§ **Exercise goal**
Within the listing below, please show every line carrying the string "none".
Dataset content below:
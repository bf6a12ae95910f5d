-- ===== src/Examples/OfCanvas.antt =====
-- src/monitor/SystemMonitor.cpp on a screen of 6 columns and 4 rows.
use hyperion_euntime_environ.Base.{
  ℕ, ◌<◌, ◌≡◌, refl, ◌⊎◌, some, List, [], ◌∷◌, replicate, ◌==◌, if◌then◌else◌, arith, length,
  get_elem?, pos, ◌+ℤ◌, ◌-ℤ◌, ◌*ℤ◌,
}
use hyperion_euntime_environ.Canvas.{Cell, blank, dot, draw_box, draw_text, draw_line}
use hyperion_euntime_environ.Canvas.Cells.{look}
use hyperion_euntime_environ.Canvas.Box.{rect_of, bordered, look-draw_box}
use hyperion_euntime_environ.Canvas.Text.{byte_at, look-draw_text}
use hyperion_euntime_environ.Canvas.Line.{draw_line-total}

abbrev screen : List Cell
screen = replicate 24 blank

look-draw_box_example :
    look 6 4 3 2 (draw_box 6 4 (rect_of 1 0 3 3) screen)
    ≡ bordered 1 0 3 3 3 2 (look 6 4 3 2 screen)
look-draw_box_example =
    look-draw_box 6 4 3 2 (omega arith) (omega arith) 1 0 3 3 (omega arith) (omega arith)
      (omega arith) (omega arith) screen refl

abbrev letters : List ℕ
letters = 65 ∷ 66 ∷ []

look-draw_text_example :
    look 6 4 3 1 (draw_text 6 4 screen (pos 2) (pos 1) letters)
    ≡ (if 1 == 1 then byte_at 2 letters 3 (look 6 4 3 1 screen) else look 6 4 3 1 screen)
look-draw_text_example = look-draw_text 6 4 3 1 (omega arith) (omega arith) 1 screen 2 letters refl

draw_line-total_example :
    (result : List Cell) × (draw_line 6 8 (pos 1) (pos 0) (pos 5) (pos 3) screen ≡ some result)
    × (length result ≡ length screen)
    × ((j : ℕ)
        → j < length screen
        → (pos 0 *ℤ pos 6 +ℤ pos 1 ≡ pos j) ⊎ (pos 3 *ℤ pos 6 +ℤ pos 5 ≡ pos j)
        → get_elem? result j ≡ some dot)
unfolding ◌-ℤ◌
draw_line-total_example =
    draw_line-total 6 8 (pos 1) (pos 0) (pos 5) (pos 3) screen (omega arith)
      (omega arith, omega arith) (omega arith, omega arith) (omega arith)
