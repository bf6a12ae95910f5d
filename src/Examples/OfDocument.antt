-- ===== src/Examples/OfDocument.antt =====
-- src/core/ProcessingUnit.cpp over an arithmetic of whole numbers.
use hyperion_euntime_environ.Base.{
  ℕ, ◌+◌, ◌-◌, ◌*◌, ◌/◌, ◌≡◌, refl, ap, sym, ◌∙◌, true, false, ◌⊎◌, [], ◌∷◌, replicate, ltb, ◌==◌,
  arith, length, pos, negsuc, ◌-ℤ◌, ◌≤ℤ◌,
}
use hyperion_euntime_environ.MemoryManager.{Os, Manager, done}
use hyperion_euntime_environ.Tokenizer.{tokenize, is_alnum, to_lower}
use hyperion_euntime_environ.ProcessingUnit.{ProcessingUnit, Text}
use hyperion_euntime_environ.Document.{
  Arithmetic, vector_dim, entry_size, int8_byte, vectorize, quantize, process_document,
}
use hyperion_euntime_environ.Document.Quantize.{int8_of, int8_of-quantize}
use hyperion_euntime_environ.Document.Append.{entry}
use hyperion_euntime_environ.Document.Commit.{IsAppended, process_document-IsAppended}

abbrev whole : Arithmetic
whole = record {
  Float = ℕ;
  of_ℕ = λ n. n;
  add = λ x y. x + y;
  sub = λ x y. x - y;
  mul = λ x y. x * y;
  div = λ x y. x / y;
  lt = λ x y. ltb x y;
  is_tiny = λ x. x == 0;
  round_int = λ x. pos x;
  bits = λ x. x;
}

int8_of-quantize_example :
    (negsuc 127 ≤ℤ quantize whole 0 2 1)
    × (quantize whole 0 2 1 ≤ℤ pos 127)
    × (int8_of (int8_byte (quantize whole 0 2 1)) ≡ quantize whole 0 2 1)
    × ((quantize whole 0 2 1 ≡ pos ((1 - 0) / (2 - 0) * 255) -ℤ pos 128)
        ⊎ (((quantize whole 0 2 1 ≡ negsuc 127)
              × (pos ((1 - 0) / (2 - 0) * 255) -ℤ pos 128 ≤ℤ negsuc 128))
            ⊎ ((quantize whole 0 2 1 ≡ pos 127)
                × (pos 128 ≤ℤ pos ((1 - 0) / (2 - 0) * 255) -ℤ pos 128))))
int8_of-quantize_example = int8_of-quantize whole 0 2 1

abbrev os : Os
os = record {
  page_bits = 12;
  mmap_result = 0x1_0000_0000;
  sigbus_installs = true;
  sigsegv_installs = true;
  mprotect_succeeds = λ page. true;
}

abbrev hello : Text
hello = 72 ∷ 105 ∷ []

abbrev unit : ProcessingUnit
unit = record {
  config = record { reset_db = false; show_status = false; debug_mode = false };
  tokenizer = record { stopwords = []; vocab = []; inverse_vocab = []; next_term_id = 1 };
  running = true;
  processing_cooldown = 20;
  input_queue = record { head = 0; tail = 0; buffer = replicate 64 [] };
  ghost_offset = 8192;
}

abbrev region : Manager
region = record {
  base_addr = 0x1_0000_0000;
  running = true;
  fault_count = 1;
  resident_pages = 1;
  open_pages = 0x1_0000_0000 ∷ [];
  memory = λ a. 24;
}

counts_of_hello : (tokenize unit.tokenizer hello).0 ≡ (1, 1) ∷ []
unfolding tokenize is_alnum to_lower
counts_of_hello = refl

process_document-IsAppended_example :
    (m' : Manager) × (process_document whole os hello unit region
      ≡ done (record unit { tokenizer = (tokenize unit.tokenizer hello).1 }, m'))
    × (length (
          entry whole os
            (vectorize whole (tokenize unit.tokenizer hello).0 (replicate vector_dim 0)))
        ≡ entry_size)
    × IsAppended region m' (
        entry whole os (vectorize whole (tokenize unit.tokenizer hello).0 (replicate vector_dim 0)))
process_document-IsAppended_example =
    process_document-IsAppended whole os hello unit region
      (record { mapped = omega arith; fits = omega arith; aligned = refl; opens = λ page. refl })
      (λ e. omega (arith, ap length (sym counts_of_hello ∙ e))) (omega arith) (omega arith)
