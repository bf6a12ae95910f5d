-- ===== src/Examples/OfEmitter.antt =====
-- include/core/JITEmitter.hpp and include/core/JITAssembler.hpp on both machines.
use hyperion_euntime_environ.Base.{◌≡◌, refl, some, [], arith}
use hyperion_euntime_environ.Emitter.{aarch64, r2, index, emit_mov_reg_imm64}
use hyperion_euntime_environ.Emitter.Program.{Regs, assign, run, run-mov}

abbrev regs : Regs
regs q = q

-- An immediate whose second half-word is zero.
run-mov_example :
    run aarch64 (emit_mov_reg_imm64 aarch64 [] r2 0x1_0000_0005) regs
    ≡ some (assign regs (index r2) 0x1_0000_0005)
run-mov_example = run-mov aarch64 [] r2 0x1_0000_0005 regs regs (omega arith) refl
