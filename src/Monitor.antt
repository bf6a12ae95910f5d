-- ===== src/Monitor.antt =====
-- include/monitor/SystemMonitor.hpp and src/monitor/SystemMonitor.cpp: the state of the terminal
-- monitor, its random numbers, its feeders and `present`, which sends the changed cells out.
pub mod Random
pub mod Present
use Prim.Native.String
use Prim.Native.String.{String}
use hyperion_euntime_environ.Base.{
  ℕ, zero, suc, ◌+◌, ◌-◌, ◌*◌, ◌/◌, ◌%◌, ◌^◌, bit_xor, Bool, true, false, Option, none, some, List,
  [], ◌∷◌, ◌++◌, ltb, ◌==◌, if◌then◌else◌, length, replicate,
}
use hyperion_euntime_environ.Canvas.{Cell, blank}

-- `SystemMonitor`, with `scroll_offset`, a static variable of `draw_jit_stream`. The counters and the
-- heats are `int`s that never fall below zero.
pub record Monitor : Type 0 where
  pub running : Bool
  pub width : ℕ
  pub height : ℕ
  pub front_buffer : List Cell
  pub back_buffer : List Cell
  pub header_info : List ℕ
  pub stats_info : List ℕ
  pub input_text : List ℕ
  pub jit_cache : List ℕ
  pub page_faults : ℕ
  pub resident_pages : ℕ
  pub flash_timer : ℕ
  pub ghost_heat_map : List ℕ
  pub spinner_idx : ℕ
  pub rand_seed : ℕ
  pub scroll_offset : ℕ

-- A monitor that is constructed when the clock says `now`.
unfoldable pub make_monitor : ℕ → Monitor
make_monitor now = record {
  running = false;
  width = 80;
  height = 24;
  front_buffer = [];
  back_buffer = [];
  header_info = [];
  stats_info = [];
  input_text = [];
  jit_cache = [];
  page_faults = 0;
  resident_pages = 0;
  flash_timer = 0;
  ghost_heat_map = [];
  spinner_idx = 0;
  rand_seed = now % 2 ^ 32;
  scroll_offset = 0;
}

-- Xorshift32. The shifts are those of a uint32_t.
abbrev pub shl13 : ℕ → ℕ
shl13 x = (x * 2 ^ 13) % 2 ^ 32

abbrev pub shr17 : ℕ → ℕ
shr17 x = x / 2 ^ 17

abbrev pub shl5 : ℕ → ℕ
shl5 x = (x * 2 ^ 5) % 2 ^ 32

-- `fast_rand`: the new seed is also the number it returns.
unfoldable pub fast_rand : ℕ → ℕ
fast_rand x = let x1 = bit_xor x (shl13 x) in let x2 = bit_xor x1 (shr17 x1) in bit_xor x2 (shl5 x2)

-- `resize`: the first n, with zeros after them.
unfoldable pub resize : List ℕ → ℕ → List ℕ
resize xs zero = []
resize [] (suc n) = 0 ∷ resize [] n
resize (x ∷ xs) (suc n) = x ∷ resize xs n

-- `size_t size = m_width * m_height`: the product is a 32-bit int, and the int is converted.
abbrev pub buffer_size : ℕ → ℕ → ℕ
buffer_size columns rows =
    let product = (columns * rows) % 2 ^ 32 in
    if ltb product (2 ^ 31) then product else product + (2 ^ 64 - 2 ^ 32)

-- The buffers and caches of a window's size.
unfoldable pub sized : ℕ → ℕ → Monitor → Monitor
sized columns rows m = record m {
  width = columns;
  height = rows;
  front_buffer = replicate (buffer_size columns rows) blank;
  back_buffer = replicate (buffer_size columns rows) blank;
  running = true;
  ghost_heat_map = resize m.ghost_heat_map 1024;
  jit_cache = resize m.jit_cache 100;
}

-- `initialize`, given the window's columns and rows if the terminal tells them. What it writes clears
-- the screen.
unfoldable pub initialize : Option (ℕ × ℕ) → Monitor → Monitor
initialize none m = sized 80 24 m
initialize (some (columns, rows)) m = sized columns rows m

-- `shutdown`: the screen is cleared and the terminal's mode restored.
unfoldable pub shutdown : Monitor → Monitor
shutdown m = record m { running = false }

unfoldable pub set_header_info : List ℕ → Monitor → Monitor
set_header_info info m = record m { header_info = info }

unfoldable pub update_status_stats : List ℕ → Monitor → Monitor
update_status_stats stats m = record m { stats_info = stats }

unfoldable pub update_ghost_stats : ℕ → ℕ → Monitor → Monitor
update_ghost_stats faults resident m = record m { page_faults = faults; resident_pages = resident }

-- The bytes at `ptr`, or none for a null pointer.
unfoldable pub update_memory_view : Option (List ℕ) → Monitor → Monitor
update_memory_view none m = m
update_memory_view (some bytes) m = if length bytes == 0 then m else record m { jit_cache = bytes }

unfoldable pub update_input_text : List ℕ → Monitor → Monitor
update_input_text text m = record m { input_text = text }

unfoldable pub trigger_input_flash : Monitor → Monitor
trigger_input_flash m = record m { flash_timer = 12 }

-- The pieces of the string that goes to the terminal: `move_to row column` is the escape sequence
-- `\033[row;columnH`.
pub data Piece : Type 0 where
  move_to : ℕ → ℕ → Piece
  glyph : Cell → Piece

abbrev pub same_bytes : List ℕ → List ℕ → Bool
same_bytes [] [] = true
same_bytes [] (y ∷ ys) = false
same_bytes (x ∷ xs) [] = false
same_bytes (x ∷ xs) (y ∷ ys) = if x == y then same_bytes xs ys else false

module _ (m_width : ℕ) where
  -- The loop of `compute_buffer_diff` from the cell i on. Both buffers have one length.
  unfoldable pub diff_from : ℕ → List Cell → List Cell → List Piece
  diff_from i [] back = []
  diff_from i (f ∷ front) [] = []
  diff_from i (f ∷ front) (b ∷ back) =
      let rest = diff_from (suc i) front back in
      if same_bytes f b then rest else move_to (i / m_width + 1) (i % m_width + 1) ∷ glyph b ∷ rest

  unfoldable pub compute_buffer_diff : List Cell → List Cell → List Piece
  compute_buffer_diff front back = diff_from 0 front back

-- The front buffer is brought up to date only where something is sent.
unfoldable pub settle : List Piece → Monitor → Monitor
settle [] m = m
settle (p ∷ ps) m = record m { front_buffer = m.back_buffer }

-- `present`: what is written, and the monitor after it.
unfoldable pub present : Monitor → List Piece × Monitor
present m =
    let diff = compute_buffer_diff m.width m.front_buffer m.back_buffer in (diff, settle diff m)
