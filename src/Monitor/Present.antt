-- ===== src/Monitor/Present.antt =====
-- `present` and `compute_buffer_diff` of src/monitor/SystemMonitor.cpp against a terminal that obeys
-- what it is sent.
use native.Mathlib.Nat.{div-add-mod'}
use hyperion_euntime_environ.Base.{
  ℕ, suc, ◌+◌, ◌-◌, ◌*◌, ◌/◌, ◌%◌, ◌≡◌, refl, ap, ap₂, sym, ◌∙◌, true, List, [], ◌∷◌, ◌++◌,
  append_assoc, arith, length, length-append, set, Bool-cases, inl, inr,
}
use hyperion_euntime_environ.Canvas.{Cell}
use hyperion_euntime_environ.Monitor.{
  Monitor, Piece, move_to, glyph, same_bytes, diff_from, compute_buffer_diff, settle, present,
}

-- A terminal: its cursor, counted from 1, and what it shows.
pub record Terminal : Type 0 where
  pub row : ℕ
  pub column : ℕ
  pub shown : List Cell

-- A glyph appears at the cursor, which moves on. What a cell holds is taken as one glyph, as it is
-- for printable ASCII and the box characters.
unfoldable obey : ℕ → Piece → Terminal → Terminal
obey width (move_to row column) t = record t { row = row; column = column }
obey width (glyph c) t = record t {
  shown = set t.shown ((t.row - 1) * width + (t.column - 1)) c;
  column = t.column + 1;
}

unfoldable pub obey_all : ℕ → List Piece → Terminal → Terminal
unfolding obey
obey_all width [] t = t
obey_all width (p ∷ ps) t = obey_all width ps (obey width p t)

same_bytes-eq : (xs ys : List ℕ) → same_bytes xs ys ≡ true → xs ≡ ys
same_bytes-eq [] [] h = refl
same_bytes-eq [] (y ∷ ys) h = cc
same_bytes-eq (x ∷ xs) [] h = cc
same_bytes-eq (x ∷ xs) (y ∷ ys) h = ground (arith, same_bytes-eq xs ys)

same_bytes_refl : (xs : List ℕ) → same_bytes xs xs ≡ true
same_bytes_refl [] = refl
same_bytes_refl (x ∷ xs) = ground (arith, same_bytes_refl xs)

set-append :
    (before : List Cell) (f b : Cell) (after : List Cell)
    → set (before ++ f ∷ after) (length before) b ≡ before ++ b ∷ after
set-append [] f b after = refl
set-append (x ∷ before) f b after = ap (λ (r : List Cell). x ∷ r) (set-append before f b after)

module _ (width : ℕ) where
  place : (i : ℕ) → (i / width + 1 - 1) * width + (i % width + 1 - 1) ≡ i
  place i =
      ap₂ (λ (a b : ℕ). a * width + b) {x = i / width + 1 - 1} {y = i / width}
        {u = i % width + 1 - 1} {v = i % width} (omega arith) (omega arith)
      ∙ div-add-mod' i width

  -- Once the cells before i are right, the pieces from i on make the rest right.
  shown-diff_from :
      (before front back : List Cell) (i : ℕ) (t : Terminal)
      → length before ≡ i
      → length front ≡ length back
      → t.shown ≡ before ++ front
      → (obey_all width (diff_from width i front back) t).shown ≡ before ++ back
  unfolding diff_from obey_all
  shown-diff_from before [] [] i t len same e = e
  shown-diff_from before [] (b ∷ back) i t len same e = absurd (omega arith)
  shown-diff_from before (f ∷ front) [] i t len same e = absurd (omega arith)
  shown-diff_from before (f ∷ front) (b ∷ back) i t len same e =
      let longer = before ++ b ∷ [] in
      let longer_len : length longer ≡ suc i = omega (arith, length-append {0} before (b ∷ [])) in
      elim (Bool-cases (same_bytes f b)) [
        | inl s ↦ rw s (
            shown-diff_from longer front back (suc i) t longer_len (omega arith) (
              e
              ∙ ap (λ (c : Cell). before ++ c ∷ front) (same_bytes-eq f b s)
              ∙ sym (append_assoc before (b ∷ []) front))
            ∙ append_assoc before (b ∷ []) back)
        | inr n ↦ rw n (
            shown-diff_from longer front back (suc i)
              (obey width (glyph b) (obey width (move_to (i / width + 1) (i % width + 1)) t))
              longer_len (omega arith)
              (ap₂ (λ (cells : List Cell) (k : ℕ). set cells k b) e (place i ∙ sym len)
                ∙ set-append before f b front
                ∙ sym (append_assoc before (b ∷ []) front))
            ∙ append_assoc before (b ∷ []) back)
      ]

  diff_from_self : (i : ℕ) (cells : List Cell) → diff_from width i cells cells ≡ []
  unfolding diff_from
  diff_from_self i [] = refl
  diff_from_self i (c ∷ cells) = rw (same_bytes_refl c) (diff_from_self (suc i) cells)

settle_keeps :
    (ps : List Piece) (m : Monitor)
    → ((settle ps m).width ≡ m.width) × ((settle ps m).back_buffer ≡ m.back_buffer)
unfolding settle
settle_keeps [] m = (refl, refl)
settle_keeps (p ∷ ps) m = (refl, refl)

settle-front :
    (ps : List Piece) (m : Monitor)
    → (ps ≡ [] → m.front_buffer ≡ m.back_buffer)
    → (settle ps m).front_buffer ≡ m.back_buffer
unfolding settle
settle-front [] m h = h refl
settle-front (p ∷ ps) m h = refl

module _ (m : Monitor) (same : length m.front_buffer ≡ length m.back_buffer) where
  abbrev diff : List Piece
  diff = compute_buffer_diff m.width m.front_buffer m.back_buffer

  diff-shows :
      (t : Terminal) → t.shown ≡ m.front_buffer → (obey_all m.width diff t).shown ≡ m.back_buffer
  unfolding compute_buffer_diff
  diff-shows t e = shown-diff_from m.width [] m.front_buffer m.back_buffer 0 t refl same e

  diff_empty : diff ≡ [] → m.front_buffer ≡ m.back_buffer
  unfolding obey_all
  diff_empty e =
      let t : Terminal = record { row = 1; column = 1; shown = m.front_buffer } in
      ap (λ (ps : List Piece). (obey_all m.width ps t).shown) (sym e) ∙ diff-shows t refl

  pub present-shows :
      (t : Terminal)
      → t.shown ≡ m.front_buffer
      → ((obey_all m.width (present m).0 t).shown ≡ m.back_buffer)
        × ((present m).1.front_buffer ≡ m.back_buffer)
        × ((present m).1.back_buffer ≡ m.back_buffer)
  unfolding present
  present-shows t e = (diff-shows t e, settle-front diff m diff_empty, (settle_keeps diff m).1)

  present-present : (present (present m).1).0 ≡ []
  unfolding present compute_buffer_diff
  present-present =
      ap₂ (λ (f b : List Cell). diff_from (settle diff m).width 0 f b)
        (settle-front diff m diff_empty) (settle_keeps diff m).1
      ∙ diff_from_self (settle diff m).width 0 m.back_buffer
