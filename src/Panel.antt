-- ===== src/Panel.antt =====
-- src/monitor/SystemMonitor.cpp: the layout of `render`, and the heat map's panel.
pub mod Heat
pub mod Layout
use Prim.Native.String
use Prim.Native.String.{String}
use hyperion_euntime_environ.Base.{
  ℕ, zero, suc, ◌+◌, ◌-◌, ◌*◌, ◌/◌, ◌%◌, ◌^◌, bit_and, bit_or, Bool, true, false, ◌&&◌, ◌||◌,
  Option, none, some, List, [], ◌∷◌, ◌++◌, map, ltb, leb, ◌==◌, if◌then◌else◌, length, set, get_or,
  take, ℤ, pos, negsuc, pos_part, to_size, ◌+ℤ◌, ◌-ℤ◌, ◌*ℤ◌, quot, rem, ltb_ℤ, leb_ℤ,
}
use hyperion_euntime_environ.Base.Text.{codes}
use hyperion_euntime_environ.Canvas.{Cell, Rect, blank, put, draw_text, draw_box}
use hyperion_euntime_environ.Canvas
use hyperion_euntime_environ.Monitor.{Monitor, fast_rand}

-- The rectangles of `render`.
abbrev panel_width : ℕ → ℤ
panel_width m_width = pos (m_width / 2) -ℤ pos 2

abbrev panel_height : ℕ → ℤ
panel_height m_height = pos m_height -ℤ pos 12

unfoldable pub ghost_rect : ℕ → ℕ → Rect
ghost_rect m_width m_height = record {
  x = pos 1;
  y = pos 2;
  w = panel_width m_width;
  h = panel_height m_height;
}

unfoldable pub fibers_rect : ℕ → ℕ → Rect
fibers_rect m_width m_height = record {
  x = panel_width m_width +ℤ pos 3;
  y = pos 2;
  w = panel_width m_width;
  h = panel_height m_height;
}

unfoldable pub jit_rect : ℕ → ℕ → Rect
jit_rect m_width m_height = record {
  x = pos 1;
  y = panel_height m_height +ℤ pos 3;
  w = panel_width m_width;
  h = pos m_height -ℤ (panel_height m_height +ℤ pos 3) -ℤ pos 2;
}

unfoldable pub input_rect : ℕ → ℕ → Rect
input_rect m_width m_height = record {
  x = panel_width m_width +ℤ pos 3;
  y = pos m_height -ℤ pos 4;
  w = panel_width m_width;
  h = pos 3;
}

-- `draw_text` and `draw_box` on the monitor's back buffer.
unfoldable pub text_on : ℤ → ℤ → List ℕ → Monitor → Monitor
text_on x y text m = record m { back_buffer = draw_text m.width m.height m.back_buffer x y text }

unfoldable pub box_on : Rect → Monitor → Monitor
box_on rect m = record m { back_buffer = draw_box m.width m.height rect m.back_buffer }

-- `draw_ghost_map`: the heat falls by one,
unfoldable pub decay : List ℕ → List ℕ
decay heats = map (λ h. if ltb 0 h then h - 1 else h) heats

-- one block in ten frames is pinged,
unfoldable pub ping : ℕ → List ℕ → List ℕ × ℕ
ping seed heats =
    let s1 = fast_rand seed in
    let s2 = fast_rand s1 in
    if ltb (s1 % 100) 10 then (set heats (s2 % length heats) 5, s2) else (heats, s1)

-- and the blocks below the resident count are kept warm.
unfoldable pub simmer_one : ℕ → ℕ → ℕ × ℕ
simmer_one seed h =
    let s = fast_rand seed in
    if ltb h 2 then (if s % 20 == 0 then (4, s) else (1, s)) else (h, seed)

unfoldable pub simmer : ℕ → ℕ → List ℕ → List ℕ × ℕ
simmer zero seed heats = (heats, seed)
simmer (suc resident) seed [] = ([], seed)
simmer (suc resident) seed (h ∷ heats) =
    let (h', s) = simmer_one seed h in
    let (heats', s') = simmer resident s heats in (h' ∷ heats', s')

unfoldable pub update_heat : ℕ → ℕ → List ℕ → List ℕ × ℕ
update_heat resident seed heats =
    let (heats', s) = ping seed (decay heats) in simmer resident s heats'

unfoldable pub heat_glyph : ℕ → Cell
heat_glyph heat =
    if leb 5 heat
    then Canvas.glyph 0x96 0x88
    else if heat == 4
    then Canvas.glyph 0x96 0x93
    else if heat == 3
    then Canvas.glyph 0x96 0x92
    else if heat == 2
    then Canvas.glyph 0x96 0x91
    else blank

module _ (m_width : ℕ) (rect : Rect) where
  -- The loop over the map's cells, with the rounds left and the round i.
  unfoldable pub heat_loop : ℕ → ℕ → List ℕ → List Cell → List Cell
  heat_loop zero i heats cells = cells
  heat_loop (suc rounds) i [] cells = cells
  heat_loop (suc rounds) i (h ∷ heats) cells =
      let row = quot i (rect.w -ℤ pos 2) in
      let col = pos (rem i (rect.w -ℤ pos 2)) in
      heat_loop rounds (suc i) heats (
        put cells ((rect.y +ℤ pos 1 +ℤ row) *ℤ pos m_width +ℤ (rect.x +ℤ pos 1 +ℤ col))
          (heat_glyph h))

abbrev pub with_heat : List ℕ × ℕ → Monitor → Monitor
with_heat (heats, seed) m = record m { ghost_heat_map = heats; rand_seed = seed }

unfoldable pub draw_ghost_map : ℕ → Rect → Monitor → Monitor
draw_ghost_map resident rect m =
    let m1 = text_on (rect.x +ℤ pos 2) rect.y (codes " GHOST MAP (1024TB) ") (box_on rect m) in
    let m2 = with_heat (update_heat resident m1.rand_seed m1.ghost_heat_map) m1 in
    record m2 {
      back_buffer =
          heat_loop m2.width rect (pos_part ((rect.w -ℤ pos 2) *ℤ (rect.h -ℤ pos 2))) 0
            m2.ghost_heat_map m2.back_buffer;
    }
End of Dataset content.
§ **Task result**
  ℕ, zero, suc, ◌+◌, ◌-◌, ◌*◌, ◌/◌, ◌%◌, ◌^◌, bit_xor, Bool, true, false, Option, none, some, List,
initialize none m = sized 80 24 m
-- The bytes at `ptr`, or none for a null pointer.
update_memory_view none m = m
  Option, none, some, List, [], ◌∷◌, ◌++◌, map, ltb, leb, ◌==◌, if◌then◌else◌, length, set, get_or,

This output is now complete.